# Us Charges 4 Chinese Military Members With Equifax Hack



## Layluh (Feb 10, 2020)

https://www.cnn.com/2020/02/10/politics/equifax-chinese-military-justice-department/index.html

Washington (CNN)A federal grand jury has charged four members of the Chinese People's Liberation Army with hacking Equifax and stealing personal data and trade secrets in one of the largest hacks on record.

Attorney General William Barr said Monday that the scale of the theft in 2017 was "staggering" and the suspects obtained information for nearly 150 million Americans. The attorney general said the hack was one of the largest on record and was a "deliberate and sweeping intrusion into the private information of the American people."
Speaking at a news conference in Washington, Barr noted that it's unusual for the US to charge members of another country's military or intelligence service outside the US, but said the hack "not only caused significant financial damage to Equifax, but invaded the privacy of many millions of Americans, and imposed substantial costs and burdens on them as they have had to take measures to protect against identity theft."
"This data has economic value and these thefts can feed China's development of artificial intelligence tools as well as the creation of intelligence targeting packages," Barr said.
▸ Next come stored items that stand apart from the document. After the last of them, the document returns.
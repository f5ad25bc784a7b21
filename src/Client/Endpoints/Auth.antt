-- ===== src/Client/Endpoints/Auth.antt =====
-- web/src/lib/api.ts: the calls `api.auth`.
use tbd_dev.Prelude.{String, none, some}
use tbd_dev.Types.Accounts.{LoginRequest, TokenResponse, UserInfo}
use tbd_dev.Client.Calls.{Call}

pub record AuthorizeUrl : Type 0 where
  pub authorize_url : String

unfoldable pub logout : Call (Unit {0}) (Unit {0})
logout = record { method = some "POST"; path = "/auth/logout"; body = none }

unfoldable pub login : LoginRequest → Call LoginRequest TokenResponse
login body = record { method = some "POST"; path = "/auth/login"; body = some body }

unfoldable pub me : Call (Unit {0}) UserInfo
me = record { method = none; path = "/auth/me"; body = none }

unfoldable pub github_authorize_url : Call (Unit {0}) AuthorizeUrl
github_authorize_url = record { method = none; path = "/auth/github"; body = none }

unfoldable pub github_unlink : Call (Unit {0}) (Unit {0})
github_unlink = record { method = some "DELETE"; path = "/auth/github/link"; body = none }
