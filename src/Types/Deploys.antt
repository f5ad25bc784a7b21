-- ===== src/Types/Deploys.antt =====
-- web/src/lib/types.ts: builds and deploys.
-- A field that may be null is an `Option`; one that may be left out (`?`) is an `Option` around
-- the rest of its type. Counts and numeric ids are natural numbers.
use tbd_dev.Prelude.{ℕ, String, Bool, Option, List}

pub record Build : Type 0 where
  pub id : String
  pub project_id : String
  pub commit_sha : String
  pub image_ref : Option String
  pub status : String
  pub trigger : String
  pub branch : Option String
  pub started_at : Option String
  pub finished_at : Option String

pub record BuildLogsResponse : Type 0 where
  pub build_id : String
  pub status : String
  pub logs : Option String

pub record BuildListResponse : Type 0 where
  pub items : List Build
  pub total : ℕ

pub data DeployStatus : Type 0 where
  queued building artifact_ready provisioning healthy active stopped failed rolled_back superseded :
      DeployStatus

pub record Deploy : Type 0 where
  pub id : String
  pub env_id : String
  pub artifact_id : Option String
  pub build_id : Option String
  pub commit_sha : Option String
  pub status : DeployStatus
  pub url : Option String
  pub created_at : String
  pub promoted_at : Option String
  pub is_production : Bool
  pub container_ip : Option String
  pub container_vmid : Option ℕ

pub record DeployListResponse : Type 0 where
  pub items : List Deploy
  pub total : ℕ

pub record DeployLogsResponse : Type 0 where
  pub deploy_id : String
  pub status : String
  pub logs : Option String

pub record DeployTriggerResponse : Type 0 where
  pub deploy_id : String
  pub build_id : String
  pub artifact_id : String
  pub env : String
  pub status : String
  pub url : Option String

pub record QueueStatus : Type 0 where
  pub env_id : String
  pub queued : ℕ
  pub in_progress : ℕ
  pub active : ℕ
  pub max_concurrent : ℕ
  pub max_queue_size : ℕ
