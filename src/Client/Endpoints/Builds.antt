-- ===== src/Client/Endpoints/Builds.antt =====
-- web/src/lib/api.ts: the calls `api.builds`.
use tbd_dev.Prelude.{ℕ, String, none, some, ◌⧺◌}
use tbd_dev.Types.Deploys.{Build, BuildListResponse, BuildLogsResponse, DeployTriggerResponse}
use tbd_dev.Client.Calls.{Call}

pub record DeployTarget : Type 0 where
  pub env : String

unfoldable pub list : (ℕ → String) → String → ℕ → ℕ → Call (Unit {0}) BuildListResponse
list print project_id skip limit = record {
  method = none;
  path = "/projects/" ⧺ project_id ⧺ "/builds?skip=" ⧺ print skip ⧺ "&limit=" ⧺ print limit;
  body = none;
}

unfoldable pub get : String → String → Call (Unit {0}) Build
get project_id build_id = record {
  method = none;
  path = "/projects/" ⧺ project_id ⧺ "/builds/" ⧺ build_id;
  body = none;
}

unfoldable pub logs : String → String → Call (Unit {0}) BuildLogsResponse
logs project_id build_id = record {
  method = none;
  path = "/projects/" ⧺ project_id ⧺ "/builds/" ⧺ build_id ⧺ "/logs";
  body = none;
}

unfoldable pub logs_stream_url : String → String → String → String
logs_stream_url api_base project_id build_id =
    api_base ⧺ "/projects/" ⧺ project_id ⧺ "/builds/" ⧺ build_id ⧺ "/logs/stream"

unfoldable pub trigger : String → Call (Unit {0}) Build
trigger project_id = record {
  method = some "POST";
  path = "/projects/" ⧺ project_id ⧺ "/builds/trigger";
  body = none;
}

unfoldable pub deploy : String → String → String → Call DeployTarget DeployTriggerResponse
deploy project_id build_id env = record {
  method = some "POST";
  path = "/projects/" ⧺ project_id ⧺ "/builds/" ⧺ build_id ⧺ "/deploy";
  body = some (record { env = env });
}
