-- ===== src/Client/Endpoints/Deploys.antt =====
-- web/src/lib/api.ts: the calls `api.deploys`.
use tbd_dev.Prelude.{ℕ, String, Option, none, some, ◌⧺◌}
use tbd_dev.Types.Deploys.{Deploy, DeployListResponse, DeployLogsResponse, QueueStatus}
use tbd_dev.Client.Calls.{Call}

pub record RollbackReason : Type 0 where
  pub reason : Option String

unfoldable pub list : (ℕ → String) → String → ℕ → ℕ → Call (Unit {0}) DeployListResponse
list print project_id skip limit = record {
  method = none;
  path = "/projects/" ⧺ project_id ⧺ "/deploys?skip=" ⧺ print skip ⧺ "&limit=" ⧺ print limit;
  body = none;
}

unfoldable pub logs : String → String → Call (Unit {0}) DeployLogsResponse
logs project_id deploy_id = record {
  method = none;
  path = "/projects/" ⧺ project_id ⧺ "/deploys/" ⧺ deploy_id ⧺ "/logs";
  body = none;
}

unfoldable pub logs_stream_url : String → String → String → String
logs_stream_url api_base project_id deploy_id =
    api_base ⧺ "/projects/" ⧺ project_id ⧺ "/deploys/" ⧺ deploy_id ⧺ "/logs/stream"

unfoldable pub rollback : String → Option String → Call RollbackReason Deploy
rollback deploy_id reason = record {
  method = some "POST";
  path = "/deploys/" ⧺ deploy_id ⧺ "/rollback";
  body = some (record { reason = reason });
}

unfoldable pub promote : String → Call (Unit {0}) Deploy
promote deploy_id = record {
  method = some "POST";
  path = "/deploys/" ⧺ deploy_id ⧺ "/promote";
  body = none;
}

unfoldable pub destroy : String → Call (Unit {0}) Deploy
destroy deploy_id = record { method = some "DELETE"; path = "/deploys/" ⧺ deploy_id; body = none }

unfoldable pub stop : String → Call (Unit {0}) Deploy
stop deploy_id = record {
  method = some "POST";
  path = "/deploys/" ⧺ deploy_id ⧺ "/stop";
  body = none;
}

unfoldable pub start : String → Call (Unit {0}) Deploy
start deploy_id = record {
  method = some "POST";
  path = "/deploys/" ⧺ deploy_id ⧺ "/start";
  body = none;
}

unfoldable pub queue_status : String → String → Call (Unit {0}) QueueStatus
queue_status project_id env_id = record {
  method = none;
  path = "/projects/" ⧺ project_id ⧺ "/environments/" ⧺ env_id ⧺ "/queue";
  body = none;
}
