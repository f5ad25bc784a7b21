-- ===== src/Types/Projects.antt =====
-- web/src/lib/types.ts: projects, members, environments, secrets, repositories and templates.
-- A field that may be null is an `Option`; one that may be left out (`?`) is an `Option` around
-- the rest of its type. Counts and numeric ids are natural numbers.
use tbd_dev.Prelude.{ℕ, String, Bool, Option, List}

pub data EnvType : Type 0 where
  production staging preview : EnvType

pub data SecretScope : Type 0 where
  project production staging preview : SecretScope

pub record Repo : Type 0 where
  pub id : String
  pub provider : String
  pub repo_id : String
  pub repo_full_name : Option String
  pub default_branch : String
  pub install_id : Option String

pub record Project : Type 0 where
  pub id : String
  pub name : String
  pub slug : String
  pub repo_url : Option String
  pub owner_id : String
  pub default_env : String
  pub auto_deploy : Bool
  pub framework : Option String
  pub root_directory : Option String
  pub build_command : Option String
  pub install_command : Option String
  pub output_directory : Option String
  pub health_check_path : Option String
  pub health_check_timeout : Option ℕ
  pub webhook_url : Option String
  pub deploy_locked : Bool
  pub expires_at : Option String
  pub production_url : Option String
  pub custom_subdomain : Option String
  pub repo : Option Repo
  pub created_at : String

pub record ProjectCreate : Type 0 where
  pub name : String
  pub slug : String
  pub repo_url : Option (Option String)
  pub default_env : Option String
  pub custom_subdomain : Option (Option String)

pub record ProjectUpdate : Type 0 where
  pub name : Option (Option String)
  pub repo_url : Option (Option String)
  pub default_env : Option (Option String)
  pub auto_deploy : Option (Option Bool)
  pub framework : Option (Option String)
  pub root_directory : Option (Option String)
  pub build_command : Option (Option String)
  pub install_command : Option (Option String)
  pub output_directory : Option (Option String)
  pub health_check_path : Option (Option String)
  pub health_check_timeout : Option (Option ℕ)
  pub webhook_url : Option (Option String)
  pub deploy_locked : Option (Option Bool)
  pub expires_at : Option (Option String)
  pub custom_subdomain : Option (Option String)

pub record ProjectListResponse : Type 0 where
  pub items : List Project
  pub total : ℕ

pub record ProjectMember : Type 0 where
  pub id : String
  pub project_id : String
  pub user_id : String
  pub role : String
  pub username : String
  pub display_name : String
  pub email : String
  pub created_at : String

pub record ProjectMemberAdd : Type 0 where
  pub user_id : String
  pub role : Option String

pub record ProjectMemberListResponse : Type 0 where
  pub items : List ProjectMember
  pub total : ℕ

pub record Environment : Type 0 where
  pub id : String
  pub project_id : String
  pub name : String
  pub type : EnvType
  pub vlan_id : Option String
  pub created_at : String

pub record EnvironmentCreate : Type 0 where
  pub name : String
  pub type : EnvType

pub record EnvironmentListResponse : Type 0 where
  pub items : List Environment
  pub total : ℕ

pub record Secret : Type 0 where
  pub id : String
  pub project_id : String
  pub scope : SecretScope
  pub key : String
  pub created_at : String

pub record SecretCreate : Type 0 where
  pub key : String
  pub value : String
  pub scope : Option SecretScope

pub record SecretListResponse : Type 0 where
  pub items : List Secret
  pub total : ℕ

pub record GitHubRepo : Type 0 where
  pub id : ℕ
  pub full_name : String
  pub name : String
  pub private : Bool
  pub default_branch : String
  pub description : Option String
  pub html_url : String
  pub install_id : Option ℕ

pub record ConnectRepoRequest : Type 0 where
  pub install_id : Option (Option ℕ)
  pub repo_id : ℕ
  pub repo_full_name : String
  pub default_branch : String

pub record Template : Type 0 where
  pub id : String
  pub name : String
  pub slug : String
  pub description : String
  pub framework : String
  pub github_owner : String
  pub github_repo : String
  pub icon_url : Option String
  pub tags : List String
  pub sort_order : ℕ
  pub active : Bool
  pub created_at : String

pub record TemplateListResponse : Type 0 where
  pub items : List Template
  pub total : ℕ

pub record TemplateDeployRequest : Type 0 where
  pub repo_name : String
  pub description : Option String
  pub private : Option Bool

pub record TemplateDeployResponse : Type 0 where
  pub project_id : String
  pub project_slug : String
  pub repo_full_name : String
  pub repo_html_url : String
  pub build_id : Option String
  pub message : String
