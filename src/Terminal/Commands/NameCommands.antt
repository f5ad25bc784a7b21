-- ===== src/Terminal/Commands/NameCommands.antt =====
-- web/src/app/page.tsx, `runCommandTokens`: `alias`, `unalias`, `export`, `unset` and `which`. `trim` and
-- the sort of keys are JavaScript's.
use Prim.Native.Char.{Char, code}
use Prim.Native.String.{[] as ε, ◌∷◌ as ◌▸◌}
use tbd_dev.Prelude.{
  String, Bool, Option, none, some, List, [], ◌∷◌, ◌⧺◌, ◌||◌, eqb, if◌then◌else◌, map, or_else,
  truthy_text,
}
use tbd_dev.Prelude.{before_mark, after_mark, truthy}
use tbd_dev.Terminal.Variables.{Vars, get_var, set_var, delete_var, is_valid_var_name}
use tbd_dev.Terminal.Commands.{
  OutputLine, CommandResult, error, ok_lines, result, includes, Report, reported, silent, complain,
}

-- `names.join(" ")`
unfoldable pub spaced : List String → String
spaced [] = ""
spaced (w ∷ []) = w
spaced (w ∷ v ∷ ws) = w ⧺ " " ⧺ spaced (v ∷ ws)

abbrev is_quote : Char → Bool
is_quote c = eqb (code c) b'\'' || eqb (code c) b'"'

abbrev without_front : String → String
without_front ε = ε
without_front (c ▸ s) = if is_quote c then s else c ▸ s

abbrev drop_end : Char → String → String → String
drop_end c ε dropped = if is_quote c then ε else c ▸ ε
drop_end c (d ▸ s) dropped = c ▸ dropped

unfoldable pub without_end : String → String
without_end ε = ε
without_end (c ▸ s) = drop_end c s (without_end s)

-- `value.replace(/^['"]|['"]$/g, "")`
unfoldable pub unquote : String → String
unfolding without_end
unquote s = without_end (without_front s)

abbrev alias_line : String × String → String
alias_line (name, value) = "alias " ⧺ name ⧺ "='" ⧺ value ⧺ "'"

abbrev aliased : String → String → Option String → String → Vars → Vars × CommandResult
aliased cwd name none value aliases =
    (aliases, result cwd 1 (error "alias: invalid assignment" ∷ []))
aliased cwd name (some rest) value aliases =
    if truthy_text name
    then (set_var name value aliases, result cwd 0 [])
    else (aliases, result cwd 1 (error "alias: invalid name" ∷ []))

unfoldable pub alias_command :
    (String → String) → List String → String → Vars → Vars × CommandResult
unfolding ok_lines set_var spaced unquote before_mark after_mark
alias_command trim [] cwd aliases = (aliases, result cwd 0 (ok_lines (map alias_line aliases)))
alias_command trim (arg ∷ args) cwd aliases =
    let assignment = trim (spaced (arg ∷ args)) in
    let value = after_mark b'=' assignment in
    aliased cwd (trim (before_mark b'=' assignment)) value (unquote (trim (or_else value "")))
      aliases

unfoldable pub unalias_command : List String → String → Vars → Vars × CommandResult
unfolding delete_var
unalias_command [] cwd aliases = (aliases, result cwd 1 (error "unalias: usage: unalias name" ∷ []))
unalias_command (name ∷ args) cwd aliases =
    if truthy_text name
    then (delete_var name aliases, result cwd 0 [])
    else (aliases, result cwd 1 (error "unalias: usage: unalias name" ∷ []))

-- One operand of `export`.
abbrev exported : String → Option String → Vars → Vars
exported key none env = set_var key (or_else (get_var key env) "") env
exported key (some value) env = set_var key value env

unfoldable pub export_all : List String → Vars → Vars
unfolding is_valid_var_name set_var get_var before_mark after_mark
export_all [] env = env
export_all (arg ∷ args) env = export_all args (
    if is_valid_var_name (before_mark b'=' arg)
    then exported (before_mark b'=' arg) (after_mark b'=' arg) env
    else env)

abbrev key_of : String × String → String
key_of (name, value) = name

abbrev export_line : Vars → String → String
export_line env key = "export " ⧺ key ⧺ "=\"" ⧺ or_else (get_var key env) "undefined" ⧺ "\""

unfoldable pub export_command :
    (List String → List String) → List String → String → Vars → Vars × CommandResult
unfolding ok_lines export_all get_var
export_command sort [] cwd env =
    (env, result cwd 0 (ok_lines (map (export_line env) (sort (map key_of env)))))
export_command sort (arg ∷ args) cwd env = (export_all (arg ∷ args) env, result cwd 0 [])

unfoldable pub unset_all : List String → Vars → Vars
unfolding delete_var
unset_all [] env = env
unset_all (arg ∷ args) env = unset_all args (delete_var arg env)

abbrev env_line : Vars → String → String
env_line env key = key ⧺ "=" ⧺ or_else (get_var key env) "undefined"

unfoldable pub env_command : (List String → List String) → String → Vars → CommandResult
unfolding ok_lines get_var
env_command sort cwd env = result cwd 0 (ok_lines (map (env_line env) (sort (map key_of env))))

-- `which` and `type`
abbrev zinc : String → OutputLine
zinc text = record { text = text; cls = some "text-zinc-300" }

abbrev told : OutputLine → Report → Report
told line r = record r { lines = line ∷ r.lines }

abbrev which_one : List String → Vars → String → Report → Report
which_one commands aliases name r =
    if truthy (get_var name aliases)
    then told (zinc (name ⧺ " is aliased to '" ⧺ or_else (get_var name aliases) "" ⧺ "'")) r
    else if includes name commands
    then told (zinc ("/usr/bin/" ⧺ name)) r
    else complain (name ⧺ " not found") r

unfoldable pub which_all : List String → Vars → List String → Report
unfolding get_var includes
which_all commands aliases [] = silent
which_all commands aliases (name ∷ names) =
    which_one commands aliases name (which_all commands aliases names)

unfoldable pub which_command : List String → String → List String → String → Vars → CommandResult
unfolding which_all
which_command commands cmd [] cwd aliases = result cwd 1 (error (cmd ⧺ ": missing operand") ∷ [])
which_command commands cmd (name ∷ names) cwd aliases =
    if truthy_text name
    then reported cwd (which_all commands aliases (name ∷ names))
    else result cwd 1 (error (cmd ⧺ ": missing operand") ∷ [])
Equifax first disclosed the hack, the largest in US history, in September 2017, three months after the company discovered the breach. The hack exposed sensitive information, including names, Social Security numbers, driver's license numbers and addresses.
Hackers leveraged a security flaw in a tool designed to build web applications to steal customer data. Equifax admitted it was aware of the security flaw a full two months before the company says hackers first accessed its data.
The data breach prompted the resignation of CEO Richard Smith and investigations by federal regulators, multiple states attorneys general and the company faces a number of civil lawsuits.
_This story is breaking and will be updated._


----------



## Layluh (Feb 10, 2020)

Might as well kick them while theyre down


----------



## Theresamonet (Feb 10, 2020)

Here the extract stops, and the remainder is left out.